» WHAT TO PRODUCE: When a line of the records contains "instance", copy it.

» RECORDS SHOWN:
————

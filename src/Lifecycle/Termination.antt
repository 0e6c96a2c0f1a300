-- ===== src/Lifecycle/Termination.antt =====
-- The cascade of Lifecycle/Cascade.antt ends: the work requests that have not terminated bound how
-- deep its calls go, and no status goes back on the way.
use debusine.Lifecycle.Reactions.{Reactions, IsQuiet}
use debusine.Lifecycle.Settling.{Sound, aborted-Settles, completed-Settles}
use debusine.Lifecycle.Advance.{stage, Settles, Settles-trans, replace-Settles, Settles-refl}
use debusine.Lifecycle.Live.{
  UniqueIds, Settles-UniqueIds, live_without, live_without-le-live, live-replace, is_live, Ends,
  Settles-Ends, replace-Ends,
}
use Prim.Native.Nat.{ℕ, suc}
use debusine.Lifecycle.Cascade.{
  record_statistics, cascade, mark_aborted, mark_completed, Calls, mark_aborted_step, complete,
  mark_completed_step, aborted, finished, complete_unless_none, pool_statistics, worker_statistics,
  statistics_of, known_duration,
}
use debusine.Prelude.{
  ℕ, arith, Option, List, zero, ◌<◌, count, not, refl, ◌≡◌, ◌||◌, some, none, ◌≢◌, true,
}
use debusine.WorkRequests.{
  logged, Results, WorkRequest, OutputData, Db, stored, Keeps, Post-map, replace, Post-if,
  Post-bind, is_pending, is_running, Worker, find_worker,
}

record_statistics-rows :
    (R : List WorkRequest → Type 0) (output : Option OutputData) (w : WorkRequest) (db : Db)
    → R db.rows
    → Keeps R (record_statistics output w db)
unfolding record_statistics logged
record_statistics-rows R output w db k = by_duration (known_duration output) w.worker
  where
    by_pool : (p : Option ℕ) (j d : ℕ) → Keeps R (pool_statistics p j d w db)
    by_pool none j d = k
    by_pool (some p) j d = k

    by_worker : (o : Option Worker) (d : ℕ) → Keeps R (worker_statistics o d w db)
    by_worker none d = tt
    by_worker (some v) d = by_pool v.worker_pool v.id d

    by_duration : (d j : Option ℕ) → Keeps R (statistics_of d j w db)
    by_duration none j = k
    by_duration (some d) none = k
    by_duration (some d) (some j) = by_worker (find_worker j db.workers) d

-- No status has gone back, and if the instance `w` is pending or running, then its rows end.
abbrev pub EndsActive : WorkRequest → List WorkRequest → List WorkRequest → Type 0
EndsActive w rows rows' =
    Settles rows rows' × ((is_pending w.status || is_running w.status) ≡ true → Ends w.id rows')

module _ {reactions : Reactions} (quiet : IsQuiet reactions) (n : ℕ) {calls : Calls}
    (sound : Sound n calls) where
  abort_step-Settles :
      (user : Option ℕ) (w : WorkRequest) (db : Db)
      → UniqueIds db.rows
      → live_without w.id db.rows < suc n
      → Keeps
          (λ rows. Settles db.rows rows × Ends w.id rows)
          (mark_aborted_step reactions calls user w db)
  unfolding mark_aborted_step stored stage
  abort_step-Settles user w db u few =
      let stopped = aborted user db.now w in
      let written = replace-Settles stopped db.rows refl in
      Post-map (λ _ db'. Settles (replace stopped db.rows) db'.rows)
        (λ _ db'. Settles db.rows db'.rows × Ends w.id db'.rows) _
        (aborted-Settles quiet n sound stopped (stored stopped db) refl
          (Settles-UniqueIds db.rows _ written u)
          (omega (arith, live-replace stopped db.rows refl)))
        (λ _ db' s. (
          Settles-trans db.rows _ db'.rows written s,
          Settles-Ends w.id _ db'.rows s (replace-Ends stopped db.rows refl),
        ))

  complete-Settles :
      (result : Results) (output : Option OutputData) (w : WorkRequest) (db : Db)
      → result ≢ Results.no_result
      → UniqueIds db.rows
      → live_without w.id db.rows < suc n
      → Keeps
          (λ rows. Settles db.rows rows × Ends w.id rows)
          (complete reactions calls result output w db)
  unfolding complete stored stage
  complete-Settles result output w db given u few =
      let done = finished result output db.now w in
      let written = replace-Settles done db.rows refl in
      let R = Settles (replace done db.rows) in
      Post-map (λ _ db'. R db'.rows) (λ _ db'. Settles db.rows db'.rows × Ends w.id db'.rows) _
        (Post-bind (λ _ db'. db'.rows ≡ replace done db.rows) (λ _ db'. R db'.rows)
          (record_statistics output done (stored done db)) _
          (record_statistics-rows (λ rows. rows ≡ replace done db.rows) output done (stored done db)
            refl)
          (λ _ db2 e. rw (← e) (
            completed-Settles quiet n sound done db2 refl given
              (rw e (Settles-UniqueIds db.rows _ written u))
              (rw e (omega (arith, live-replace done db.rows refl))))))
        (λ _ db' s. (
          Settles-trans db.rows _ db'.rows written s,
          Settles-Ends w.id _ db'.rows s (replace-Ends done db.rows refl),
        ))

  given-Settles :
      (result : Results) (output : Option OutputData) (w : WorkRequest) (db : Db)
      → result ≢ Results.no_result
      → UniqueIds db.rows
      → live_without w.id db.rows < suc n
      → Keeps
          (λ rows. Settles db.rows rows × Ends w.id rows)
          (complete_unless_none reactions calls result output w db)
  given-Settles Results.no_result output w db given u few = absurd (given refl)
  given-Settles Results.success output w db given u few =
      complete-Settles Results.success output w db given u few
  given-Settles Results.failure output w db given u few =
      complete-Settles Results.failure output w db given u few
  given-Settles Results.error output w db given u few =
      complete-Settles Results.error output w db given u few
  given-Settles Results.skipped output w db given u few =
      complete-Settles Results.skipped output w db given u few

  complete_step-Settles :
      (result : Results) (output : Option OutputData) (w : WorkRequest) (db : Db)
      → result ≢ Results.no_result
      → UniqueIds db.rows
      → live_without w.id db.rows < suc n
      → Keeps (EndsActive w db.rows) (mark_completed_step reactions calls result output w db)
  unfolding mark_completed_step
  complete_step-Settles result output w db given u few =
      Post-if (λ _ db'. EndsActive w db.rows db'.rows)
        (not (is_pending w.status || is_running w.status)) _ _ db
        (λ e. (Settles-refl db.rows, λ a. absurd (cc)))
        (λ _.
          Post-map (λ _ db'. Settles db.rows db'.rows × Ends w.id db'.rows) _ _
            (given-Settles result output w db given u few) (λ _ db' h. (h.0, λ _. h.1)))

module _ {reactions : Reactions} (quiet : IsQuiet reactions) where
  pub cascade-Sound : (n : ℕ) → Sound n (cascade reactions n)
  unfolding cascade
  cascade-Sound zero = record {
    aborts = λ user w db u few. absurd (omega arith);
    completes = λ result output w db given u few. absurd (omega arith);
  }
  cascade-Sound (suc n) =
      let ih = cascade-Sound n in
      record {
        aborts = abort_step-Settles quiet n ih;
        completes = λ result output w db given u few.
            Post-map (λ _ db'. EndsActive w db.rows db'.rows) (λ _ db'. Settles db.rows db'.rows) _
              (complete_step-Settles quiet n ih result output w db given u few) (λ _ db' h. h.0);
      }

  -- Given unique keys and reactions that return and leave the work requests alone, `mark_aborted`
  -- of any instance does not run out of fuel and raises nothing but the `DoesNotExist` of a dangling
  -- foreign key; where it returns, the rows are those from before with the same keys, none has gone
  -- back from a later stage of its life (blocked, pending or running, terminated) to an earlier one,
  -- and every row of the instance's key has terminated.
  pub mark_aborted-Settles :
      (user : Option ℕ) (w : WorkRequest) (db : Db)
      → UniqueIds db.rows
      → Keeps (λ rows. Settles db.rows rows × Ends w.id rows) (mark_aborted reactions user w db)
  unfolding mark_aborted
  mark_aborted-Settles user w db u =
      (cascade-Sound (suc (count is_live db.rows))).aborts user w db u
        (omega (arith, live_without-le-live w.id db.rows))

  -- Given unique keys, reactions that return and leave the work requests alone, and a result other
  -- than NONE, `mark_completed` of any instance does not run out of fuel and raises nothing but the
  -- `DoesNotExist` of a dangling foreign key; where it returns, the rows are those from before with
  -- the same keys, none has gone back from a later stage of its life (blocked, pending or running,
  -- terminated) to an earlier one, and if the instance was pending or running, every row of its key
  -- has terminated.
  pub mark_completed-Settles :
      (result : Results) (output : Option OutputData) (w : WorkRequest) (db : Db)
      → result ≢ Results.no_result
      → UniqueIds db.rows
      → Keeps (EndsActive w db.rows) (mark_completed reactions result output w db)
  unfolding mark_completed cascade
  mark_completed-Settles result output w db given u =
      let n = count is_live db.rows in
      complete_step-Settles quiet n (cascade-Sound n) result output w db given u
        (omega (arith, live_without-le-live w.id db.rows))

————

» TASK RESULT:
-- No status has gone back, and if the instance `w` is pending or running, then its rows end.
  -- of any instance does not run out of fuel and raises nothing but the `DoesNotExist` of a dangling
  -- and every row of the instance's key has terminated.
  -- than NONE, `mark_completed` of any instance does not run out of fuel and raises nothing but the
  -- terminated) to an earlier one, and if the instance was pending or running, every row of its key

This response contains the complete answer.